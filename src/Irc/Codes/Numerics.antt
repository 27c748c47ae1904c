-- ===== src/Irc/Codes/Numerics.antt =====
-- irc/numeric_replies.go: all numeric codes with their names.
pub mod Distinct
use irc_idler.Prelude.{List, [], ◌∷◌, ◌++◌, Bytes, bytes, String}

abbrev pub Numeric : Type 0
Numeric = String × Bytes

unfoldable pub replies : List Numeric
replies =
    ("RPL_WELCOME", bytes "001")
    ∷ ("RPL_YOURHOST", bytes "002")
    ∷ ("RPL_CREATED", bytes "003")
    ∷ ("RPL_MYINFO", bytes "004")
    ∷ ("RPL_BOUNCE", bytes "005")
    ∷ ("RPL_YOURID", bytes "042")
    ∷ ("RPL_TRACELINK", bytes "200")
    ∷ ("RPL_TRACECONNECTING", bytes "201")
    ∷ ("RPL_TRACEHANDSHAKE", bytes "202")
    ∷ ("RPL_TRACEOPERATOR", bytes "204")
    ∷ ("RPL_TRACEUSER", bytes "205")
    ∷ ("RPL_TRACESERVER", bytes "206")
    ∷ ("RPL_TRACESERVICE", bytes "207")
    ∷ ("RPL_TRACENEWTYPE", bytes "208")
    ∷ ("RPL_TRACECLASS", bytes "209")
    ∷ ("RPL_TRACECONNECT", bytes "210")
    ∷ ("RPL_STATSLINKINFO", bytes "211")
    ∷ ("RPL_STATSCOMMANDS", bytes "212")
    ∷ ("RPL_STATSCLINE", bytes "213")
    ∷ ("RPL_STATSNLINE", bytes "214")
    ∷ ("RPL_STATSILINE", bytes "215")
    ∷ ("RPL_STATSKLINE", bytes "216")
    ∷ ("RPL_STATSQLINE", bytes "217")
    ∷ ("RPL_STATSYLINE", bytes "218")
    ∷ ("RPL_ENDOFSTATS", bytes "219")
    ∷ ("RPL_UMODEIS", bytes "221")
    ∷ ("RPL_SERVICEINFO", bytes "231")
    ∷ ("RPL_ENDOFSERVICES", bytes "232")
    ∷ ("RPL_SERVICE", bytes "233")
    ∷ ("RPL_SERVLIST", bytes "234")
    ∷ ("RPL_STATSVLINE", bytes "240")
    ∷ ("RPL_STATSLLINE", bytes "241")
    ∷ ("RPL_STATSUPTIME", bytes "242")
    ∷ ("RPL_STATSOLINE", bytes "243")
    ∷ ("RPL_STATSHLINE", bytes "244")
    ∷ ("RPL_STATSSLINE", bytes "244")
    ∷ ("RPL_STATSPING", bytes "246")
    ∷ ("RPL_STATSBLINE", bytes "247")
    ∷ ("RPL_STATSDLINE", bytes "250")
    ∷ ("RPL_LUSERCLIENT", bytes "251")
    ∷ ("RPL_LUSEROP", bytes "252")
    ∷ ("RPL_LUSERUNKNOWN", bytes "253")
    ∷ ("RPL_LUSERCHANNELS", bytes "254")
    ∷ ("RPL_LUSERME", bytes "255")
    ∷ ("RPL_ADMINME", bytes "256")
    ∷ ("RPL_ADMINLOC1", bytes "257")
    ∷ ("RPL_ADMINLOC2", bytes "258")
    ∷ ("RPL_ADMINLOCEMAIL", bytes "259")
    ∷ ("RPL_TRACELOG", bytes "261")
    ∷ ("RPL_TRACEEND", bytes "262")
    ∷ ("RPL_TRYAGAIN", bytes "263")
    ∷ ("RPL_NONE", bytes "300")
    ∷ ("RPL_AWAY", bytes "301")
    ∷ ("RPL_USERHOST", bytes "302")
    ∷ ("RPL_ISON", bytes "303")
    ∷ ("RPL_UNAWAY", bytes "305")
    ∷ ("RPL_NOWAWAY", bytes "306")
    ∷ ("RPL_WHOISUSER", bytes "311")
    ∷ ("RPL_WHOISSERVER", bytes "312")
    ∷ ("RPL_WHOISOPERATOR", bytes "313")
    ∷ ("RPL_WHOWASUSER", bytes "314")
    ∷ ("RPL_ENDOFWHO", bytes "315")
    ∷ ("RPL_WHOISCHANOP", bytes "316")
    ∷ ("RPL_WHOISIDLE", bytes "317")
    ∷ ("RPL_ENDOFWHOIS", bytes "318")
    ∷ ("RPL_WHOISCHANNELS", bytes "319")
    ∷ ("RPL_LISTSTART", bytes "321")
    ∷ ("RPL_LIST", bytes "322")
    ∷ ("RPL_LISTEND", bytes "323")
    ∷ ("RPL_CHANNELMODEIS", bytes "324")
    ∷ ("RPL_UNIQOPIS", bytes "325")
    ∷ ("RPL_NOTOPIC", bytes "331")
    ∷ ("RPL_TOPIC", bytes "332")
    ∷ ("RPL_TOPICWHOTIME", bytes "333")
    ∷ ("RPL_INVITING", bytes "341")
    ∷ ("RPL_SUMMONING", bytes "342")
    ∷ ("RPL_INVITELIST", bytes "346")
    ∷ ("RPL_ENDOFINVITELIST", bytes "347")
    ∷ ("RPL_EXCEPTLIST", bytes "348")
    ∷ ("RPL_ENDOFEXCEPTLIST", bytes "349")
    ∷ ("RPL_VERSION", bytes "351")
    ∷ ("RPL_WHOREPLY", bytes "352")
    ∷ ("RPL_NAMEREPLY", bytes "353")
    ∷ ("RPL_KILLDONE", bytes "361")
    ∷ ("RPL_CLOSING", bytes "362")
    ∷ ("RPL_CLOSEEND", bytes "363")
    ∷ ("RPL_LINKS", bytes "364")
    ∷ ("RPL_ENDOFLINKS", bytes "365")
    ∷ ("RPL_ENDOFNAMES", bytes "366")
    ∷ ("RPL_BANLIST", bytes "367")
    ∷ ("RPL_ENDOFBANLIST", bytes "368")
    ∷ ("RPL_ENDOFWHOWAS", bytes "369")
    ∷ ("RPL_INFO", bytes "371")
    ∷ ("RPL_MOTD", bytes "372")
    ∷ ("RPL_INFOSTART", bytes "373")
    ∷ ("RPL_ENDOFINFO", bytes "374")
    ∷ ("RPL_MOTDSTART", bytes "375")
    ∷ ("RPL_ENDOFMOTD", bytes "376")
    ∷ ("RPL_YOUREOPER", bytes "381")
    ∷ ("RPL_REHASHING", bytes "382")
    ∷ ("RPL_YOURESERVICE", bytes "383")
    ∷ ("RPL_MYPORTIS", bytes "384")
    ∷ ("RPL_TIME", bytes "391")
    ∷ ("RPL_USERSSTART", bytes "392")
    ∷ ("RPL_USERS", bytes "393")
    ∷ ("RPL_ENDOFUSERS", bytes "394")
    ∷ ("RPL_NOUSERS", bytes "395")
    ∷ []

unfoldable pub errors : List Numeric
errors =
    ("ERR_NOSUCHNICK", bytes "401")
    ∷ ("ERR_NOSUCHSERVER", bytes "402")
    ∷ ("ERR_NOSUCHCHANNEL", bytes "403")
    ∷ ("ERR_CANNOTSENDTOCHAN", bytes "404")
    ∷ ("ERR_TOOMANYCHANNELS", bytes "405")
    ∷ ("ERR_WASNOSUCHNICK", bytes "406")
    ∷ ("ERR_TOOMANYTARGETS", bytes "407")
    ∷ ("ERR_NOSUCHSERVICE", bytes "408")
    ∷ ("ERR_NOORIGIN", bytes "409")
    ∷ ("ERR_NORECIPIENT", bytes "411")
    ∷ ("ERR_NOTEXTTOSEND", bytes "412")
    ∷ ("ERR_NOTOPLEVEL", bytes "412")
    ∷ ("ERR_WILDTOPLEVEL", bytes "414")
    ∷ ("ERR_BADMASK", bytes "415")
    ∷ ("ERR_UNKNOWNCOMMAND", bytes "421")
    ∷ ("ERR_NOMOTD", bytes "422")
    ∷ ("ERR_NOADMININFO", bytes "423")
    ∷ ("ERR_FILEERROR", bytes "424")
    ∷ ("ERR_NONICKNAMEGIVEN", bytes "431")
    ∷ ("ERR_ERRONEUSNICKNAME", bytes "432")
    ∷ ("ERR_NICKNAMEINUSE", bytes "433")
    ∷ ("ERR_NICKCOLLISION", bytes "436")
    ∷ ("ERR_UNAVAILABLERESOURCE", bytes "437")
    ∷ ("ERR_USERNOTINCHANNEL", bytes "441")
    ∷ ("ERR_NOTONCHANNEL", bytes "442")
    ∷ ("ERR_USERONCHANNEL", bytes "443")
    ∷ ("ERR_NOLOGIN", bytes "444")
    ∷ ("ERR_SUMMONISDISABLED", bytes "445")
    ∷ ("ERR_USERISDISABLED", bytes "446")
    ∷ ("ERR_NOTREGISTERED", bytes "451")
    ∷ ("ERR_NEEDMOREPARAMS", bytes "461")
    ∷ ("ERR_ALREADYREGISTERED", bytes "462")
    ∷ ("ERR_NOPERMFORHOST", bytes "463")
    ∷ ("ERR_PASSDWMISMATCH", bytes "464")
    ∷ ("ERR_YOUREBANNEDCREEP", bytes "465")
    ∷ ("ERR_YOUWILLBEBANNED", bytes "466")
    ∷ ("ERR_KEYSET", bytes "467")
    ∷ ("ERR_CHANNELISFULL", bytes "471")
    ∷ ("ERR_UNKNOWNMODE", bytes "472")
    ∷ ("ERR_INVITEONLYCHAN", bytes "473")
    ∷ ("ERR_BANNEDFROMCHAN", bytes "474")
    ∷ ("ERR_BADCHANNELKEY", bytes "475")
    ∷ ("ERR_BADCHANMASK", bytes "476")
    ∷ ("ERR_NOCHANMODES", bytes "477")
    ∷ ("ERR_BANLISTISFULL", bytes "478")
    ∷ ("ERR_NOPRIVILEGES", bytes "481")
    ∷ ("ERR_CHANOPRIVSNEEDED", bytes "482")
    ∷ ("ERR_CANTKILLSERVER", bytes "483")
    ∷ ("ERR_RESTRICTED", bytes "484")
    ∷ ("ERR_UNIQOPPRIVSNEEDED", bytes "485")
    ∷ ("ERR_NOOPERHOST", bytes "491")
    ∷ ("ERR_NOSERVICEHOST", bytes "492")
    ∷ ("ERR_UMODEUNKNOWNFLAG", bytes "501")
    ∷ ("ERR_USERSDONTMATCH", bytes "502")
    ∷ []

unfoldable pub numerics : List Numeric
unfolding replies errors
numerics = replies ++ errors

...

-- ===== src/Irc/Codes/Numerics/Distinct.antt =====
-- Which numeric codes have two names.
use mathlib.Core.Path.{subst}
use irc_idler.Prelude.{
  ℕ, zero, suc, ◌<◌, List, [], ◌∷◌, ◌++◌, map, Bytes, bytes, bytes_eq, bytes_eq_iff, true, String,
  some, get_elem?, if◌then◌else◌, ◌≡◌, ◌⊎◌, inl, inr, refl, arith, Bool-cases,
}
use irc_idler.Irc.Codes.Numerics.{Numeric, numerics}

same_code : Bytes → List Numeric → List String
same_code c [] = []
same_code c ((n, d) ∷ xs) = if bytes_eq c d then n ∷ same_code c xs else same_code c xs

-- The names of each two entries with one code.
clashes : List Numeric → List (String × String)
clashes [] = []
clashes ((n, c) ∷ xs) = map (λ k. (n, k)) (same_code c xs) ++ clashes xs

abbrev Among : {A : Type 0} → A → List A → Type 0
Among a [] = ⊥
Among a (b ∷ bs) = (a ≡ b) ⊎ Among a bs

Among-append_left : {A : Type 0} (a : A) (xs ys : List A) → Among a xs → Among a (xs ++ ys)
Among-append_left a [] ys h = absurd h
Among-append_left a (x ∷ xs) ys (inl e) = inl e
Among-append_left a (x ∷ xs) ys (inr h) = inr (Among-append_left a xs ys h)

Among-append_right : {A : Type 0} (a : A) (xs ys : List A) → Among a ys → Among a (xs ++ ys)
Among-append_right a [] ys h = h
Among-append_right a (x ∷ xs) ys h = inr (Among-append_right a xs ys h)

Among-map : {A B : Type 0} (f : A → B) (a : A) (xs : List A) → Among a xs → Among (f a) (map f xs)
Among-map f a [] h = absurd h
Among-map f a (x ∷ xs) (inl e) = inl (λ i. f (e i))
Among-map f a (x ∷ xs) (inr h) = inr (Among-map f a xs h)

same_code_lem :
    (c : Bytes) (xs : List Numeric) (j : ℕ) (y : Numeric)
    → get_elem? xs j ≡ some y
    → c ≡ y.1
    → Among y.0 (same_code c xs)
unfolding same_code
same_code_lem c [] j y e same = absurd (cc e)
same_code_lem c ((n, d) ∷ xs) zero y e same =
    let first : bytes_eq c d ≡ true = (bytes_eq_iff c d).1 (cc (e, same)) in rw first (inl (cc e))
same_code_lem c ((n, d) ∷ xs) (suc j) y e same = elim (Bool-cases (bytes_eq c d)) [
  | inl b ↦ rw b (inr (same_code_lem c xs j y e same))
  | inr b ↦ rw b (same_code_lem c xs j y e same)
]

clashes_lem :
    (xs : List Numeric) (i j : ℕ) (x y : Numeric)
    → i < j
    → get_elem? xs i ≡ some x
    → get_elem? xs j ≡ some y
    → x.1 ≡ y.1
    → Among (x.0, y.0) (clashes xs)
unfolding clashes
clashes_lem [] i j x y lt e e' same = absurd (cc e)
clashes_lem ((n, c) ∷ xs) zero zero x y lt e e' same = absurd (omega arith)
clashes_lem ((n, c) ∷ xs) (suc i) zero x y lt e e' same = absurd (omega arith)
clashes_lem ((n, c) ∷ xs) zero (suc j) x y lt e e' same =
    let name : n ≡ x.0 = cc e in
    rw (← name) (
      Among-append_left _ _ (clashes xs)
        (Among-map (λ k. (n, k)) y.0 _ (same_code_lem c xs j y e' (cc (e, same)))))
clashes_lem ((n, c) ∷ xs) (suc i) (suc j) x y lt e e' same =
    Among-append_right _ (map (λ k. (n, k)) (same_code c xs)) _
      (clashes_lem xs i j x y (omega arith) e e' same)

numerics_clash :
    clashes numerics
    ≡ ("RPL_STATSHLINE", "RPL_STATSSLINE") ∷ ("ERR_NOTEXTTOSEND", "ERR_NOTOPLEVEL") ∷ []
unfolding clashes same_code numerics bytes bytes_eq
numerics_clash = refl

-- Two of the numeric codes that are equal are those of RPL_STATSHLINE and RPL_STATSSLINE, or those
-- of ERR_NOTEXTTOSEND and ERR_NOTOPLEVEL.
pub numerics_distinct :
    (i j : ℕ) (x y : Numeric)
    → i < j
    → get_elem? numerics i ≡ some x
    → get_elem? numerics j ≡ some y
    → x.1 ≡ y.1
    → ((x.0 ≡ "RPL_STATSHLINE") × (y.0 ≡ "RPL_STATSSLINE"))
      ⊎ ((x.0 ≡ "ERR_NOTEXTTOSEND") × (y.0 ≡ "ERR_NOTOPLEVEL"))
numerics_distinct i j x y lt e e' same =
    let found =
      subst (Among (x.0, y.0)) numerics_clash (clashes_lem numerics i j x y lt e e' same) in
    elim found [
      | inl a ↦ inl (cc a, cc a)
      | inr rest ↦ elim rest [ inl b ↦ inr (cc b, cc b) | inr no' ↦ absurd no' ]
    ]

**Task to carry out**:
From the records above, copy each line where the word "subst" can be found.

**Response to the task**:
use mathlib.Core.Path.{subst}
      subst (Among (x.0, y.0)) numerics_clash (clashes_lem numerics i j x y lt e e' same) in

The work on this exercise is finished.